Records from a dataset
────

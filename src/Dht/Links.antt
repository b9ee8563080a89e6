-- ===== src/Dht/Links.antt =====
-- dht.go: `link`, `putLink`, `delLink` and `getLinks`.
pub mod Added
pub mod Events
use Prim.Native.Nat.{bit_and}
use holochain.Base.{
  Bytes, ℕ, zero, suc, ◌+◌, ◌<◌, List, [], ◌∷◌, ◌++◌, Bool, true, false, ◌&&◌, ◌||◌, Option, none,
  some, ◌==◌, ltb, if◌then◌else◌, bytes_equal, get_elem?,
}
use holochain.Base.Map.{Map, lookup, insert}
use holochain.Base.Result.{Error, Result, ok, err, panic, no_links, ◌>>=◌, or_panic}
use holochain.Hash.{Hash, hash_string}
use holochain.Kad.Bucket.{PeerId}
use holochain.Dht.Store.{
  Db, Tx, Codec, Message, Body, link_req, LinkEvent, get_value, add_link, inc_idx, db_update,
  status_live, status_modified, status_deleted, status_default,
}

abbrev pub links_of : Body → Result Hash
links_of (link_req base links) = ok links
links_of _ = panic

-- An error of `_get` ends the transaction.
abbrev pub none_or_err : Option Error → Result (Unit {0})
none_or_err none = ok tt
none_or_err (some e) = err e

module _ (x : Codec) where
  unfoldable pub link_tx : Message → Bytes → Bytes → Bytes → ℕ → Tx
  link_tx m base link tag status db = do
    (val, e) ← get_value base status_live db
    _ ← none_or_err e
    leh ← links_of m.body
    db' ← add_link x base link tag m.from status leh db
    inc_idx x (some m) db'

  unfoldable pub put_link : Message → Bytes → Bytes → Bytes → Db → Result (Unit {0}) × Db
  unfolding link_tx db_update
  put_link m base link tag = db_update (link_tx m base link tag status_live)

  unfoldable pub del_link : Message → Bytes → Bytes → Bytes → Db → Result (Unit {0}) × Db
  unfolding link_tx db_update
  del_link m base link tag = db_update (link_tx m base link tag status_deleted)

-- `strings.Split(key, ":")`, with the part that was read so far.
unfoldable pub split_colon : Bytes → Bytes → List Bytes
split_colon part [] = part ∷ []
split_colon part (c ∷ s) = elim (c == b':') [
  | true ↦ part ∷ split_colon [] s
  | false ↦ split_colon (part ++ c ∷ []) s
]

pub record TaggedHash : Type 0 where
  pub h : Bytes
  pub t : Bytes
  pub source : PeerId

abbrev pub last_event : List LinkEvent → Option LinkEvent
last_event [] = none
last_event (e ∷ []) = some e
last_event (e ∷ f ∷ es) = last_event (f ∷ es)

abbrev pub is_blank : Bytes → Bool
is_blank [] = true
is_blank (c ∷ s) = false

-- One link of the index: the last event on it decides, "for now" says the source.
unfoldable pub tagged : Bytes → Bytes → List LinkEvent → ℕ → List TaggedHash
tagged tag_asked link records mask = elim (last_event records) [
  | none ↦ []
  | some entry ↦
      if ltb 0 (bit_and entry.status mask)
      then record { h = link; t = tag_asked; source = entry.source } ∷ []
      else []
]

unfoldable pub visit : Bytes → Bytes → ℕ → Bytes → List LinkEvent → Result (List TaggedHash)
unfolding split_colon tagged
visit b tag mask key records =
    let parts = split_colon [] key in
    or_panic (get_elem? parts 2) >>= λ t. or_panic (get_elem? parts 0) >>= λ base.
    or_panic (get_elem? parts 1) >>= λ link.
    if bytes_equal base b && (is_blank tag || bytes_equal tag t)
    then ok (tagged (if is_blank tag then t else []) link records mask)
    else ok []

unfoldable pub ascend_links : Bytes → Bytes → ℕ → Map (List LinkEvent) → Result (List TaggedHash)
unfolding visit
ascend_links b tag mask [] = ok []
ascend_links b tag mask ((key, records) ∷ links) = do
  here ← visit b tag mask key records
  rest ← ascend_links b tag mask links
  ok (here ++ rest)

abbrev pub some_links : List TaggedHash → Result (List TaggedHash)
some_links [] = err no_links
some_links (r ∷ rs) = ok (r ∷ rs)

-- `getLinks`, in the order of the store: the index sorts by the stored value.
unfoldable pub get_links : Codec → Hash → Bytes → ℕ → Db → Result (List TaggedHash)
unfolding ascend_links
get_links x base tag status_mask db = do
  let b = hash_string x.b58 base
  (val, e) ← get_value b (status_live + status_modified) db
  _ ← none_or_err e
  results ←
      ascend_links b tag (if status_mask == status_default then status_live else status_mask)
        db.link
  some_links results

────

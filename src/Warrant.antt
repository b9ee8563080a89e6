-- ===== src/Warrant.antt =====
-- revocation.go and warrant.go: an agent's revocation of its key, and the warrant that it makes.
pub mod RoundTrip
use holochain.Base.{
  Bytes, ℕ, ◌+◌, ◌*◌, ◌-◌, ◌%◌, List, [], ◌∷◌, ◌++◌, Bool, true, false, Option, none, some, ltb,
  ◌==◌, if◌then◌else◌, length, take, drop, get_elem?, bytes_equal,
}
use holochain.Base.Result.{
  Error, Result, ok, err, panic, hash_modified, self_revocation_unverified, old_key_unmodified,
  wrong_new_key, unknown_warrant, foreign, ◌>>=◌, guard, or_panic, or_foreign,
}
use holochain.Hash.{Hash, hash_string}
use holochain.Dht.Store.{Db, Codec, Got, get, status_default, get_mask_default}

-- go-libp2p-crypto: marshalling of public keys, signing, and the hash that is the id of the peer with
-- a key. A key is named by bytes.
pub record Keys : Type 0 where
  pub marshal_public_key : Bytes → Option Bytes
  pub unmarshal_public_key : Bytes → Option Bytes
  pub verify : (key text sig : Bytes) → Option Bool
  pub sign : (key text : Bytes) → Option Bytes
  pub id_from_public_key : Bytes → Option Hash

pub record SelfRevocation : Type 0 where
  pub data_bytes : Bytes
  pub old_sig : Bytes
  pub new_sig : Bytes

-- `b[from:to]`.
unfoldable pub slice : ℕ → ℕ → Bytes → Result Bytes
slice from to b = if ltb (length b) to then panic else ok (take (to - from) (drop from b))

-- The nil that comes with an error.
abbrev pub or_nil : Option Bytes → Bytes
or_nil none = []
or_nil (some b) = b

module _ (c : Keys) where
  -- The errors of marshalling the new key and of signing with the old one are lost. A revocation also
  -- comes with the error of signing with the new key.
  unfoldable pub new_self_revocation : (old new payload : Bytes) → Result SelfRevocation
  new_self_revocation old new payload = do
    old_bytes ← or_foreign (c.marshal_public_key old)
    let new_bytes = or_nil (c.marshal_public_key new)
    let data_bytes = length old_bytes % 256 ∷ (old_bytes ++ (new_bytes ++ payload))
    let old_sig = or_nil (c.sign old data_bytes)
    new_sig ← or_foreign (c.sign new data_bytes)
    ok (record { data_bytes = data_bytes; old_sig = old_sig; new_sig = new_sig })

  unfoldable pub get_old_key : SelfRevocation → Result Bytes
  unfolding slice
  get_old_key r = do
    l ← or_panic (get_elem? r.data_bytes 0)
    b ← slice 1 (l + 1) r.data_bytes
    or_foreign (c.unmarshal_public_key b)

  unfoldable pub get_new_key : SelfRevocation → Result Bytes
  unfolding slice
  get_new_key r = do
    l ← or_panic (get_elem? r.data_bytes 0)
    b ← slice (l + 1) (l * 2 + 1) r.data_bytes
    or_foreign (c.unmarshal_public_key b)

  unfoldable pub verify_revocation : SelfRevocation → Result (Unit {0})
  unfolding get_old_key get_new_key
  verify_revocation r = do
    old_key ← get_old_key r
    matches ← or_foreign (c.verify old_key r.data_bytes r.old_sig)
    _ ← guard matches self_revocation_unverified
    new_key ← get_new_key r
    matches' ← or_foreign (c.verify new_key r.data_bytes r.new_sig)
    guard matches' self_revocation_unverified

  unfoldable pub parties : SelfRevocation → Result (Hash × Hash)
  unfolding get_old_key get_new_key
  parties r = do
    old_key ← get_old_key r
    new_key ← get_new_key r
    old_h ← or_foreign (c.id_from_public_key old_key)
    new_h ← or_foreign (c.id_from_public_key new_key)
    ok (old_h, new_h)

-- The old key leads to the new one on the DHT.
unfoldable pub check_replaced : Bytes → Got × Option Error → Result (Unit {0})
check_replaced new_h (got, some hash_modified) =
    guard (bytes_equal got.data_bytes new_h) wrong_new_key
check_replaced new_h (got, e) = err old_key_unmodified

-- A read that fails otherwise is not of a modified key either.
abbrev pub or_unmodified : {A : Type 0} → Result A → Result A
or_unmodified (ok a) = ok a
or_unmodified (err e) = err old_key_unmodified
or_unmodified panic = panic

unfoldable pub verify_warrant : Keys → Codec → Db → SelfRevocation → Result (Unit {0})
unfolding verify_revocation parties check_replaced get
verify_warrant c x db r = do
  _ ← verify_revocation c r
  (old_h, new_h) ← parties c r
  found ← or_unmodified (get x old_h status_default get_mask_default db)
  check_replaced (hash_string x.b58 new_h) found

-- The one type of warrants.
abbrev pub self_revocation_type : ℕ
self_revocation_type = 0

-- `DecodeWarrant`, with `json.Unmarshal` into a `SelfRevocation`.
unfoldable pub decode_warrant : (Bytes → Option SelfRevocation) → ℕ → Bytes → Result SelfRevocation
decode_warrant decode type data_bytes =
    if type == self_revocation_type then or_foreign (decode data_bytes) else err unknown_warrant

────

WHAT YOU NEED TO DO
Taking the lines above, repeat exactly those from the line that contains "here ← visit b tag mask key records" through the line that contains "the stored value.", and both of those lines as well. Include nothing else.

ANSWER SECTION
  here ← visit b tag mask key records
  rest ← ascend_links b tag mask links
  ok (here ++ rest)

abbrev pub some_links : List TaggedHash → Result (List TaggedHash)
some_links [] = err no_links
some_links (r ∷ rs) = ok (r ∷ rs)

-- `getLinks`, in the order of the store: the index sorts by the stored value.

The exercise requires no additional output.